Input =
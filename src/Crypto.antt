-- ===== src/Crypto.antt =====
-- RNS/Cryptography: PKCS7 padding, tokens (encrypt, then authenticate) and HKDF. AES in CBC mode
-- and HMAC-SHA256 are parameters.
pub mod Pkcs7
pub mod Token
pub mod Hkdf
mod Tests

What you need to do = Please copy all of the data above exactly.

Task answer =
filename src/Crypto.antt
-- ===== src/Crypto.antt =====
-- RNS/Cryptography: PKCS7 padding, tokens (encrypt, then authenticate) and HKDF. AES in CBC mode
-- and HMAC-SHA256 are parameters.
pub mod Pkcs7
pub mod Token
pub mod Hkdf
mod Tests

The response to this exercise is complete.